Case Summary: The Collateral Source Rule in North Carolina



Medicaid Liens: The Collateral Source Rule

Cates v. Wilson, 321 N.C. 1 (1987)
Supreme Court of North Carolina

Background

Cates v. Wilson arose out of the circumstances surrounding the birth of Morgan Reed Cates, daughter of Joyce Cates. Morgan was born with cerebral palsy and mental retardation. The mother and child, as plaintiffs, brought a medical malpractice action against Doctor Stanley Wilson (defendant).

Procedural History

At trial, the defense moved for a directed verdict against the plaintiffs. The jury ultimately found that Morgan Cates suffered no injury as a result of any negligence on the part of the doctor. Upon appeal to the North Carolina Court of Appeals, the court ordered a new trial. However, the defendant, seeking further review, appealed to the North Carolina Supreme Court.

Facts

Joyce Cates was under the treatment and care of Dr. Wilson. Cates originally sought the doctor’s help in reducing her weight, but when she was evaluated by the doctor she was found to be pregnant. When Cates’ daughter Morgan was delivered, she was severely handicapped. The plaintiff then filed a complaint alleging medical malpractice against the doctor. At the close of the trial, the jury found that the doctor was not negligent in providing Cates’ care.

Governing Law

The Collateral Source Rule provides that a plaintiff’s recovery may not be reduced because a source collateral to the defendant, such as the plaintiff’s family, employer, or insurance company, paid the plaintiff’s expenses. The collateral source rule also includes those sources which provide certain benefits to society, such as Medicaid. Medicaid, which at its essence is social legislation, equates to health insurance for those in need or disabled, and acts just as any other health insurance plan would.

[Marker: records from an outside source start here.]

-- ===== src/Iocp/Line/Twice.antt =====
-- What becomes of a `read_line_op` on Windows that reads a second part.
use jnet_lib.Base.{
  ℕ, ◌+◌, ◌≡◌, refl, ap, ◌∙◌, subst, true, false, none, List, [], ◌∷◌, ◌++◌, update, update_self,
  append_assoc,
}
use jnet_lib.Iocp.{
  Service, Result, Packet, from_kernel, contains_result, on_pending, end_overlapped,
  kernel_completes, take_packet, claim, work_started, kernel, returns, takes, claims, Steps, here,
  next,
}
use jnet_lib.Iocp.Line.{read_again}

-- A completed operation, whose callback runs, with nothing else of it in the service.
pub record IsCompleting (k : ℕ) (s : Service) : Type 0 where
  pub ready : s.ready k ≡ true
  pub port : s.port ≡ []
  pub held : s.held k ≡ []

module _ (k : ℕ) (s : Service) where
  end_lem :
      s.ready k ≡ true
      → end_overlapped true k s ≡ record s {
        starting = update s.starting k false;
        port = s.port ++ (contains_result k ∷ []);
      }
  unfolding end_overlapped on_pending
  end_lem e = rw e refl

  claim_lem :
      (r : Result) (rest : List Result)
      → s.ready k ≡ true
      → claim k r rest s ≡ record s {
        held = update s.held k rest;
        completed = update s.completed k (s.completed k ++ (r ∷ []));
        finishing = s.finishing + 1;
      }
  unfolding claim
  claim_lem r rest e = rw e refl

-- A thread takes a packet of a ready operation and calls back.
module _ (k : ℕ) (ps : List Packet) (s : Service) where
  abbrev called : Result → Service → Service
  called r u = record u {
    held = update u.held k [];
    completed = update u.completed k (u.completed k ++ (r ∷ []));
    finishing = u.finishing + 1;
  }

  abbrev by_result : Service
  by_result = (take_packet none (contains_result k) ps s).0

  abbrev by_kernel : Service
  by_kernel = (take_packet none (from_kernel k) ps s).0

  result_Steps :
      (b : Service)
      → Steps b s
      → s.ready k ≡ true
      → s.port ≡ contains_result k ∷ ps
      → s.held k ≡ []
      → Steps b (called (s.stored k) by_result)
  unfolding take_packet
  result_Steps b h e p o = subst (Steps b) (claim_lem k by_result (s.stored k) [] e) (
      next (next h (takes none (contains_result k) ps p)) (
        claims k (s.stored k) [] (
          update_self s.held k (s.held k ++ (s.stored k ∷ []))
          ∙ ap (λ l. l ++ (s.stored k ∷ [])) o)))

  kernel_Steps :
      (b : Service)
      → Steps b s
      → s.ready k ≡ true
      → s.port ≡ from_kernel k ∷ ps
      → s.held k ≡ []
      → Steps b (called (s.outcome k) by_kernel)
  unfolding take_packet
  kernel_Steps b h e p o = subst (Steps b) (claim_lem k by_kernel (s.outcome k) [] e) (
      next (next h (takes none (from_kernel k) ps p)) (
        claims k (s.outcome k) [] (
          update_self s.held k (s.held k ++ (s.outcome k ∷ []))
          ∙ ap (λ l. l ++ (s.outcome k ∷ [])) o)))

module _ (k : ℕ) (r left : Result) (s : Service) (c : IsCompleting k s) where
  abbrev reading : Service
  reading = read_again k r left s

  -- Its initiating function has returned, and the kernel has read.
  abbrev has_read : Service
  has_read = kernel_completes k (record reading {
    starting = update reading.starting k false;
    port = reading.port ++ (contains_result k ∷ []);
  })

  has_read-Steps : Steps reading has_read
  unfolding read_again work_started
  has_read-Steps =
      next
        (subst (Steps reading) (end_lem k reading c.ready)
          (next here (returns true k (update_self s.starting k true))))
        (kernel k (update_self s.accepted k true))

  abbrev first : Service
  first = called k [] s (has_read.stored k) (by_result k (from_kernel k ∷ []) has_read)

  abbrev second : Service
  second = called k [] s (first.outcome k) (by_kernel k [] first)

  second-Steps : Steps reading second
  unfolding read_again work_started take_packet
  second-Steps =
      kernel_Steps k [] first reading
        (result_Steps k (from_kernel k ∷ []) has_read reading has_read-Steps c.ready
          (ap (λ l. (l ++ (contains_result k ∷ [])) ++ (from_kernel k ∷ [])) c.port) c.held)
        c.ready refl (update_self (by_result k (from_kernel k ∷ []) has_read).held k [])

  second-begun : second.begun k ≡ s.begun k ++ (r ∷ [])
  unfolding read_again work_started take_packet
  second-begun = update_self s.begun k (s.begun k ++ (r ∷ []))

  second-completed : second.completed k ≡ s.completed k ++ (left ∷ r ∷ [])
  unfolding read_again work_started take_packet
  second-completed =
      update_self first.completed k (first.completed k ++ (first.outcome k ∷ []))
      ∙ ap (λ l. l ++ (first.outcome k ∷ []))
          (update_self s.completed k (s.completed k ++ (has_read.stored k ∷ [])))
      ∙ ap (λ o. (s.completed k ++ (has_read.stored k ∷ [])) ++ (o ∷ []))
          (update_self s.outcome k r)
      ∙ ap (λ o. (s.completed k ++ (o ∷ [])) ++ (r ∷ [])) (update_self s.stored k left)
      ∙ append_assoc (s.completed k) (left ∷ []) (r ∷ [])

-- If an operation on Windows that has completed, of which nothing else is in the service and
-- with no packet in the port, is handed to the kernel again without a reset, as
-- read_line_op::on_complete does, there is a history in which the kernel reads once and the
-- operation completes twice: first with what its OVERLAPPED structure happens to hold, then
-- with what was read.
pub read_again-Twice :
    (k : ℕ) (r left : Result) (s : Service)
    → IsCompleting k s
    → (t : Service) × Steps (read_again k r left s) t
      × (t.begun k ≡ s.begun k ++ (r ∷ []))
      × (t.completed k ≡ s.completed k ++ (left ∷ r ∷ []))
read_again-Twice k r left s c = (
  second k r left s c,
  second-Steps k r left s c,
  second-begun k r left s c,
  second-completed k r left s c,
)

This rule especially applies to payments made by Medicaid, as North Carolina law entitles the State to reimbursement for medical expenses made on a plaintiff’s behalf and prevents any type of windfall profit for the plaintiff.

Argument

In this case, the defendant was allowed at trial to introduce evidence that Medicaid paid for all of the medical expenses and would continue to pay for expenses in the future. However, the Supreme Court found that, concerning future benefits, the collateral source rule bars the defendants from offering evidence which tends to show that plaintiffs can mitigate damages by using public resources.

Essentially the Court found that if it allowed the defendant to show such evidence, it could potentially prevent Medicaid from receiving reimbursement, which would be in violation of N. C. Gen. Stat. § 108A-57. The Supreme Court quoted Judge Wells’ opinion from the N.C. Court of Appeals, which stated that the defense had “eroded plaintiff’s verdict-worthiness by suggesting to the jury that plaintiffs were already fully compensated and were trying to obtain a double recovery”. Cates v. Wilson, 361 S.E.2d 734 (1987). Thus, such evidence should not have been permitted at the trial court.

Conclusion

The key takeaway from this case is that although Medicaid is a public good, available to those persons who specifically qualify for its benefits, it is not to be used as a means to reduce a plaintiff’s recovery in a personal injury or medical malpractice action. Medicaid will seek reimbursement to the fullest extent of the law, and the use of such payments by the defense seeks to undermine the likelihood that the medical expenses will be reimbursed.